The Department for Transport declined to comment, but Express.co.uk understands that although the legal requirement to wear face masks on public transport has disappeared, the government would prefer passengers to continue to follow individual operators’ rules. transportation.

Before the pandemic, TfL had an operating deficit of just £300m in 2019/20 and was on track to have a surplus by 2022, “based on continued growth in passenger revenue”, it said. he declared.

As part of the agreement with the Department for Transport for emergency funding, the Mayor and TfL “must raise between an additional £500-1bn a year from 2023/24”.

On top of that, TfL must decarbonise by 2030 to be in line with the mayor’s and government’s policy on climate change, he said.

According to a February budget update by TfL’s board, the transport network faced a revised deficit of £1.1billion for the year.

He will receive £200million in government grants from Friday April 29 for the next three months, with funding for the rest of the year to be determined.

TfL’s board said a ‘declining’ network, as it was now, meant ‘aging assets which will fail more regularly’, ‘significantly worse performance on the road network’ and the risk of closure of major bridges or tunnels around London.

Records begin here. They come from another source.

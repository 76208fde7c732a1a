-- ===== src/Events/Queueing.antt =====
-- Exactly which scans the three scan handlers queue.
use greensecops.Common.{
  ℕ, ◌≡◌, ◌⊎◌, ◌↔◌, inl, inr, false, List, [], Memᴰ, Option, if◌then◌else◌, Bool-cases, mem-append,
  arith, Text, text_eq_refl, text_eq→eq,
}
use greensecops.Events.Enums.{ScanTrigger}
use greensecops.Events.Store.{
  Repository, Task, run_terraform_scan, run_ansible_scan, run_docker_scan, World, enqueue,
}
use greensecops.Events.Scans.{
  skips_root, skips_target, is_off_branch, is_own_branch, enqueue_terraform_scans,
  enqueue_ansible_scans, enqueue_docker_scans,
}
use greensecops.Events.Touched.{
  Touches, IsTaskOf, skips_root-Touches, skips_target-Touches, mem-scan_tasks_enabled,
}

abbrev pub IsScanned : Repository → Text → Type 0
IsScanned repo branch = (branch ≡ repo.default_branch) × (is_own_branch branch ≡ false)

is_off_branch-IsScanned :
    (repo : Repository) (branch : Text)
    → (is_off_branch repo branch ≡ false) ↔ IsScanned repo branch
unfolding is_off_branch
is_off_branch-IsScanned repo branch = (
  λ h. (text_eq→eq branch repo.default_branch (ground arith), ground arith),
  λ h. rw h.0 (ground (arith, h.0, h.1, text_eq_refl repo.default_branch)),
)

-- The shape of the three handlers: nothing off the branch, and the tasks of a loop on it.
mem-gated :
    (repo : Repository) (branch : Text) (tasks : List Task) (task : Task) (w : World) (P : Type 0)
    → (Memᴰ task tasks ↔ P)
    → Memᴰ task (if is_off_branch repo branch then w else enqueue tasks w).queued
      ↔ (Memᴰ task w.queued ⊎ (IsScanned repo branch × P))
unfolding enqueue
mem-gated repo branch tasks task w P (there, back) = elim (Bool-cases (is_off_branch repo branch)) [
  | inl off ↦ rw off (
    inl,
    λ h. elim h [
      | inl m ↦ m
      | inr s ↦ absurd (cc (off, (is_off_branch-IsScanned repo branch).1 s.0))
    ],
  )
  | inr on ↦ rw on (
    λ m. elim ((mem-append w.queued tasks).0 m) [
      | inl old ↦ inl old
      | inr new ↦ inr ((is_off_branch-IsScanned repo branch).0 on, there new)
    ],
    λ h. elim h [
      | inl old ↦ (mem-append w.queued tasks).1 (inl old)
      | inr s ↦ (mem-append w.queued tasks).1 (inr (back s.1))
    ],
  )
]

-- A push queues, beside what was queued, exactly these scans, and only for the default branch where
-- it is no branch of the app: for each enabled Terraform root, Ansible project and Docker target of
-- the repository, one that runs for it, where the push touches the directory of the target or what
-- it touches is not known; an Ansible project or a Docker target at the empty path is always touched.
pub queued_scans :
    (repo : Repository) (branch : Text) (sha : Option ℕ) (trigger : ScanTrigger)
    (changed : Option (List Text)) (w : World) (task : Task)
    → (Memᴰ task (enqueue_terraform_scans repo branch sha trigger changed w).queued ↔ (
        Memᴰ task w.queued
        ⊎ (IsScanned repo branch
            × IsTaskOf
                (Touches changed)
                (λ id. run_terraform_scan id branch sha trigger)
                repo
                w.terraform_roots
                task)))
      × (Memᴰ task (enqueue_ansible_scans repo branch sha trigger changed w).queued ↔ (
          Memᴰ task w.queued
          ⊎ (IsScanned repo branch
              × IsTaskOf
                  (λ target. (target.root_path ≡ []) ⊎ Touches changed target)
                  (λ id. run_ansible_scan id branch sha trigger)
                  repo
                  w.ansible_projects
                  task)))
      × (Memᴰ task (enqueue_docker_scans repo branch sha trigger changed w).queued ↔ (
          Memᴰ task w.queued
          ⊎ (IsScanned repo branch
              × IsTaskOf
                  (λ target. (target.root_path ≡ []) ⊎ Touches changed target)
                  (λ id. run_docker_scan id branch sha trigger)
                  repo
                  w.docker_targets
                  task)))
unfolding enqueue_terraform_scans enqueue_ansible_scans enqueue_docker_scans
queued_scans repo branch sha trigger changed w task = (
  mem-gated repo branch _ task w _ (
      mem-scan_tasks_enabled (skips_root changed) _ (skips_root-Touches changed) _ repo
        w.terraform_roots task),
  mem-gated repo branch _ task w _ (
      mem-scan_tasks_enabled (skips_target changed) _ (skips_target-Touches changed) _ repo
        w.ansible_projects task),
  mem-gated repo branch _ task w _ (
      mem-scan_tasks_enabled (skips_target changed) _ (skips_target-Touches changed) _ repo
        w.docker_targets task),
)
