-- ===== src/Events/Redelivery.antt =====
-- Lifecycle events that come again, and a close that a reopen takes back.
use greensecops.Common.{
  ℕ, ◌≡◌, refl, ◌∙◌, Bool, true, false, List, [], ◌∷◌, ◌==◌, update, update-update, update-ext,
  update_id, arith,
}
use greensecops.StateMachines.Base.{Column, value, null, unknown, first_target, try_advance}
use greensecops.StateMachines.Fix.{FixStatus}
use greensecops.StateMachines.PullRequest.{
  PullRequestState, opened, draft, merged, closed, PullRequestEvent, merge, close, reopen,
  convert_to_draft, mark_ready_for_review, external_update, redeliver, pull_request_machine,
  PullRequestState-discrete,
}
use greensecops.Events.Store.{PullRequest, WorkflowFix, World, Machines, save_pull_request}
use greensecops.Events.Lifecycle.{
  advance_pr, settle_fix, settle_fixes, changed_fixes, is_of_pr, handle_pull_request_lifecycle,
  settle_findings, is_addressed,
}
use greensecops.Events.Landing.{settle_fix_lem, outcome}

abbrev pub pr_outcome : PullRequestEvent → PullRequestState → PullRequestState × Bool
pr_outcome redeliver opened = (opened, true)
pr_outcome external_update opened = (opened, true)
pr_outcome external_update draft = (draft, true)
pr_outcome convert_to_draft opened = (draft, true)
pr_outcome mark_ready_for_review draft = (opened, true)
pr_outcome merge opened = (merged, true)
pr_outcome merge draft = (merged, true)
pr_outcome close opened = (closed, true)
pr_outcome close draft = (closed, true)
pr_outcome reopen closed = (opened, true)
pr_outcome _ s = (s, false)

abbrev pub column_outcome :
    PullRequestEvent → Column PullRequestState → Column PullRequestState × Bool
column_outcome event null = (null, false)
column_outcome event (unknown v) = (unknown v, false)
column_outcome event (value s) = (value (pr_outcome event s).0, (pr_outcome event s).1)

pub advance_pr_lem :
    (machines : Machines) (event : PullRequestEvent) (pr : PullRequest)
    → advance_pr machines event pr ≡ (
      record pr { pr_state = (column_outcome event pr.pr_state).0 },
      (column_outcome event pr.pr_state).1,
    )
unfolding advance_pr try_advance first_target pull_request_machine PullRequestState-discrete
advance_pr_lem machines event pr = by_state pr.pr_state refl
  where
    by_state :
        (c : Column PullRequestState)
        → pr.pr_state ≡ c
        → advance_pr machines event pr ≡ (
          record pr { pr_state = (column_outcome event pr.pr_state).0 },
          (column_outcome event pr.pr_state).1,
        )
    by_state null h = ground (arith, h)
    by_state (unknown v) h = ground (arith, h)
    by_state (value s) h =
        ground
          (arith, h, machines.on_pull_request.send_lem (pull_request_machine.transitions event) s)

column_outcome_twice :
    (event : PullRequestEvent) (c : Column PullRequestState)
    → (column_outcome event (column_outcome event c).0).0 ≡ (column_outcome event c).0
column_outcome_twice event null = refl
column_outcome_twice event (unknown v) = refl
column_outcome_twice event (value s) = ground arith

outcome_twice :
    (event : PullRequestEvent) (s : FixStatus)
    → outcome event (outcome event s).0 ≡ ((outcome event s).0, false)
outcome_twice event s = ground arith

module _ (machines : Machines) (event : PullRequestEvent) where
  advance_pr_twice :
      (pr : PullRequest)
      → (advance_pr machines event (advance_pr machines event pr).0).0
        ≡ (advance_pr machines event pr).0
  advance_pr_twice pr = ground (
    arith,
    advance_pr_lem machines event pr,
    advance_pr_lem machines event (record pr { pr_state = (column_outcome event pr.pr_state).0 }),
    column_outcome_twice event pr.pr_state,
  )

  settle_fix_twice :
      (fix : WorkflowFix)
      → settle_fix machines event (settle_fix machines event fix).0
        ≡ ((settle_fix machines event fix).0, false)
  settle_fix_twice fix = ground (
    arith,
    settle_fix_lem machines event fix,
    settle_fix_lem machines event (record fix { status = (outcome event fix.status).0 }),
    outcome_twice event fix.status,
  )

  pub settle_fix-pr :
      (pr : PullRequest) (fix : WorkflowFix)
      → is_of_pr pr (settle_fix machines event fix).0 ≡ is_of_pr pr fix
  unfolding is_of_pr
  settle_fix-pr pr fix = rw (settle_fix_lem machines event fix) refl

  settle_fixes_twice :
      (pr : PullRequest) (fixes : List WorkflowFix)
      → settle_fixes machines event pr (settle_fixes machines event pr fixes)
        ≡ settle_fixes machines event pr fixes
  unfolding settle_fixes
  settle_fixes_twice pr fixes =
      rw
        (update-update (is_of_pr pr) (λ fix. (settle_fix machines event fix).0)
          (λ fix. (settle_fix machines event fix).0) fixes (λ fix h. settle_fix-pr pr fix ∙ h))
        (update-ext _ _ _ fixes (λ fix h. ground (arith, settle_fix_twice fix)))

  changed_fixes_twice :
      (pr : PullRequest) (fixes : List WorkflowFix)
      → changed_fixes machines event pr (settle_fixes machines event pr fixes) ≡ []
  unfolding settle_fixes changed_fixes update
  changed_fixes_twice pr [] = refl
  changed_fixes_twice pr (fix ∷ fixes) =
      ground (arith, settle_fix-pr pr fix, settle_fix_twice fix, changed_fixes_twice pr fixes)

save_twice :
    (pr : PullRequest) (rows : List PullRequest)
    → let saved = update (λ row. row.id == pr.id) (λ _. pr) rows in
      update (λ row. row.id == pr.id) (λ _. pr) saved ≡ saved
save_twice pr rows = update-update _ _ _ rows (λ row h. ground arith)

module _ (machines : Machines) where
  settle_findings_none :
      (now : ℕ) (event : PullRequestEvent) (pr : PullRequest) (w : World)
      → changed_fixes machines event pr w.fixes ≡ []
      → settle_findings machines now event pr w ≡ w.findings
  unfolding settle_findings is_addressed
  settle_findings_none now merge pr w h = rw h (update_id _ _ w.findings (λ finding e. cc))
  settle_findings_none now close pr w h = refl
  settle_findings_none now reopen pr w h = refl
  settle_findings_none now redeliver pr w h = refl
  settle_findings_none now external_update pr w h = refl
  settle_findings_none now convert_to_draft pr w h = refl
  settle_findings_none now mark_ready_for_review pr w h = refl

  -- A lifecycle event that is handled again, at whatever instant, leaves the pull request, the fixes
  -- and the findings as the first handling left them, and moves no fix, so that it announces none.
  pub lifecycle_twice :
      (now later : ℕ) (event : PullRequestEvent) (pr : PullRequest) (w : World)
      → let (pr1, w1) = handle_pull_request_lifecycle machines now event pr w in
        let (pr2, w2) = handle_pull_request_lifecycle machines later event pr1 w1 in
        (pr2 ≡ pr1)
        × (w2.pull_requests ≡ w1.pull_requests)
        × (w2.fixes ≡ w1.fixes)
        × (w2.findings ≡ w1.findings)
        × (changed_fixes machines event pr1 w1.fixes ≡ [])
  unfolding handle_pull_request_lifecycle save_pull_request
  lifecycle_twice now later event pr w =
      let same = advance_pr_twice machines event pr in
      let pr1 = (advance_pr machines event pr).0 in
      let of : (fixes : List WorkflowFix)
          → changed_fixes machines event pr1 (settle_fixes machines event pr fixes) ≡ [] =
        λ fixes.
          rw (advance_pr_lem machines event pr) (changed_fixes_twice machines event pr fixes) in
      (
        same,
        rw same (save_twice pr1 w.pull_requests),
        rw (advance_pr_lem machines event pr) (settle_fixes_twice machines event pr w.fixes),
        settle_findings_none later event pr1 _ (of w.fixes),
        of w.fixes,
      )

The board also warned of a risk of ‘major asset reliability issues’ on the Tube which could lead to ‘multi-day closures’, adding: ‘Without certainty of long-term funding, we risk significant disruption due to restrictions and asset closures, which stifle economic recovery and increase lifetime costs.

He noted that Plan B themselves measured had impacted the recovery of service post-pandemic, with demand falling 20% ​​below expected levels for the end of 2021, at 62%. This was followed by a further drop to 44% in Christmas week.